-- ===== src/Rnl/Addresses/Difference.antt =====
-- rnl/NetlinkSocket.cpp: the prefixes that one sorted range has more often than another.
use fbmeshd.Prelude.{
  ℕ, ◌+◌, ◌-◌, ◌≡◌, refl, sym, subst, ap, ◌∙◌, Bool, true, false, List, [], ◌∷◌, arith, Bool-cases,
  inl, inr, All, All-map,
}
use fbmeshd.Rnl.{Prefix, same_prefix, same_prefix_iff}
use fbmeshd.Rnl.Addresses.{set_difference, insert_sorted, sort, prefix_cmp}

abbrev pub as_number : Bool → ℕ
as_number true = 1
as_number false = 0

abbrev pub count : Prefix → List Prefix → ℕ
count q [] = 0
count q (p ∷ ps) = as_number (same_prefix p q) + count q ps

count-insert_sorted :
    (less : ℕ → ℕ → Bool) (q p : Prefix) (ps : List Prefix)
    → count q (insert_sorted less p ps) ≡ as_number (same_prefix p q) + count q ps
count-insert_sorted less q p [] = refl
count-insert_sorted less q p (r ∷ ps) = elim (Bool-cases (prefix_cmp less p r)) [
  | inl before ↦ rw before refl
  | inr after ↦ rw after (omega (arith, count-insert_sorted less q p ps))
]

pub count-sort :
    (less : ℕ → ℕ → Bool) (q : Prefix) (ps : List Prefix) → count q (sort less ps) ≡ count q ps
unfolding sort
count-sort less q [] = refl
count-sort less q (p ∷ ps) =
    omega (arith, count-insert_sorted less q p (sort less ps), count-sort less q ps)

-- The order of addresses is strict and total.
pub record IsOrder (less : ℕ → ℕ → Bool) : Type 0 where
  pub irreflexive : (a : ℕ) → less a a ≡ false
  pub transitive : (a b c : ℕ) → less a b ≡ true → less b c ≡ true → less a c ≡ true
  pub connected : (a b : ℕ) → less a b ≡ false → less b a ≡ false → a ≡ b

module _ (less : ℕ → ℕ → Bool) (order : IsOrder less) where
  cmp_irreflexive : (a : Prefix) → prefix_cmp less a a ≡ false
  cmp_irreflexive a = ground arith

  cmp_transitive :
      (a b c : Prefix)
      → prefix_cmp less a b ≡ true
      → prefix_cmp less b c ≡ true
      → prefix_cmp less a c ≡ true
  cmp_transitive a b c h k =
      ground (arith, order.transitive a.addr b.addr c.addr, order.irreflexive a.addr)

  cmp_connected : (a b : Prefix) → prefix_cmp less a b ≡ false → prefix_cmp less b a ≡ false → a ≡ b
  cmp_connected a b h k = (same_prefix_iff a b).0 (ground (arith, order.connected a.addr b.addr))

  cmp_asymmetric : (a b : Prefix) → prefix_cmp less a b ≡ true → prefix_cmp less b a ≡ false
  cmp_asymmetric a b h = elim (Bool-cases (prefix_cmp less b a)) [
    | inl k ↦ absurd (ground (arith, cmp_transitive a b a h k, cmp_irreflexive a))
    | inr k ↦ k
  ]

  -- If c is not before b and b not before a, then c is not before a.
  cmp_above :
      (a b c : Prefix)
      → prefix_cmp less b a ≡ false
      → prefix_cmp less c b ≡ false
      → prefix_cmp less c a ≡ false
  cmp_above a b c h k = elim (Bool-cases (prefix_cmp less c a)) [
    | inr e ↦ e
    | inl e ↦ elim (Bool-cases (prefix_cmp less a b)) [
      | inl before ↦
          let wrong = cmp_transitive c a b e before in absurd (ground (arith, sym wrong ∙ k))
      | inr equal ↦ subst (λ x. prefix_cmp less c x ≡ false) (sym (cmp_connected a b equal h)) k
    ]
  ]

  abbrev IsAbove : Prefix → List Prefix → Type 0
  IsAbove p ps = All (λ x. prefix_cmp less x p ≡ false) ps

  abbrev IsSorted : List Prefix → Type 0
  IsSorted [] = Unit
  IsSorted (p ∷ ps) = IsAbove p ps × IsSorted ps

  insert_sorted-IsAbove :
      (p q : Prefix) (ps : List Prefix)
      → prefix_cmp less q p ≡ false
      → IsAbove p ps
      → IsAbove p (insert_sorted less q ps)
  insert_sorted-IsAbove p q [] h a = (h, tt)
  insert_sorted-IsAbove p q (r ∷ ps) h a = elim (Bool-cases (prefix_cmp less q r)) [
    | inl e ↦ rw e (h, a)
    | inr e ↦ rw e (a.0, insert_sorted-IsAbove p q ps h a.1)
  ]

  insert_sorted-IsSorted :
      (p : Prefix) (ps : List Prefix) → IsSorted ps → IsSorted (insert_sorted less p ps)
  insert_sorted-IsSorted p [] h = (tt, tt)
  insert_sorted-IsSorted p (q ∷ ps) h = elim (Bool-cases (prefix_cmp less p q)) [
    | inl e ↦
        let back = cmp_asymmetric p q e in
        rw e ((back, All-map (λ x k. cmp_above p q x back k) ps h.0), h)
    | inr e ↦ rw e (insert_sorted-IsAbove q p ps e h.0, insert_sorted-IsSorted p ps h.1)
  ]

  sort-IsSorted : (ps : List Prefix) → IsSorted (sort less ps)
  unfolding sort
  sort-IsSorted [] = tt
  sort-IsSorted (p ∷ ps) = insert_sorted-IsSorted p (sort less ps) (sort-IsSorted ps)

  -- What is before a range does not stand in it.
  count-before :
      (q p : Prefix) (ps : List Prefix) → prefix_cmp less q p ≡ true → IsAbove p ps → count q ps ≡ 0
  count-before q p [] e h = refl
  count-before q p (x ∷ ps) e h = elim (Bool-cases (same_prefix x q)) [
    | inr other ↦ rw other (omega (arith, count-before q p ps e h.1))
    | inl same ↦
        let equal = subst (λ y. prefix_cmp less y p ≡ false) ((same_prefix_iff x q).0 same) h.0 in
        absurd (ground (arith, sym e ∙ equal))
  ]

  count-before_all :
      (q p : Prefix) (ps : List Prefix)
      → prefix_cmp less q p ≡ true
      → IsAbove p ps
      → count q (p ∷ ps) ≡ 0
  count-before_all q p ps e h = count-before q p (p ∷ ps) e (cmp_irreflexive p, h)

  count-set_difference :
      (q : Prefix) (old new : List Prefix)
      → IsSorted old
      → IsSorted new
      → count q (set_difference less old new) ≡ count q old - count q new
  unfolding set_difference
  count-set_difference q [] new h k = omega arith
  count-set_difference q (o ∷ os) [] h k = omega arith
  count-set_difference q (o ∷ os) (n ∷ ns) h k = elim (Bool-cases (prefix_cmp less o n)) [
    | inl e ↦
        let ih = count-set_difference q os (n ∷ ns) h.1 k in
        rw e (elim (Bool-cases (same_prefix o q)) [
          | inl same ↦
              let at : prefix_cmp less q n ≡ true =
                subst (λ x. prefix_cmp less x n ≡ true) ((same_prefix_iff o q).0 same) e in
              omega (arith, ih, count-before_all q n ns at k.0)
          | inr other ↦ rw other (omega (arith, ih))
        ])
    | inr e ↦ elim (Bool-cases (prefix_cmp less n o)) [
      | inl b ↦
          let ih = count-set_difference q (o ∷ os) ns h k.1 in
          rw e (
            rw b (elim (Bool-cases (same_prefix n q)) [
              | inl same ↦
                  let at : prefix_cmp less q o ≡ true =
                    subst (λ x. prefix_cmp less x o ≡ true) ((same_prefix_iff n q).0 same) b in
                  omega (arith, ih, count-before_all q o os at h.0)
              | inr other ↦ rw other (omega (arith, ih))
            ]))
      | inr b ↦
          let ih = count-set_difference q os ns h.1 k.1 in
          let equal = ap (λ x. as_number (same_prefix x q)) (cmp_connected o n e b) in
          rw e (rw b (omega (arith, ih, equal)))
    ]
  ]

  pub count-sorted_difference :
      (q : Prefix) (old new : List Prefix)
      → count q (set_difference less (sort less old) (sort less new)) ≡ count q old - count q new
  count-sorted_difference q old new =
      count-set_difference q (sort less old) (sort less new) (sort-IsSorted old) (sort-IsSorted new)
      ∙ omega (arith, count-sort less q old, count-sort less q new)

++++++++++

◆ **YOUR GOAL**:
Tally the lines of the records that contain "back", then write only the total.

◆ **TASK SOLUTION**:
2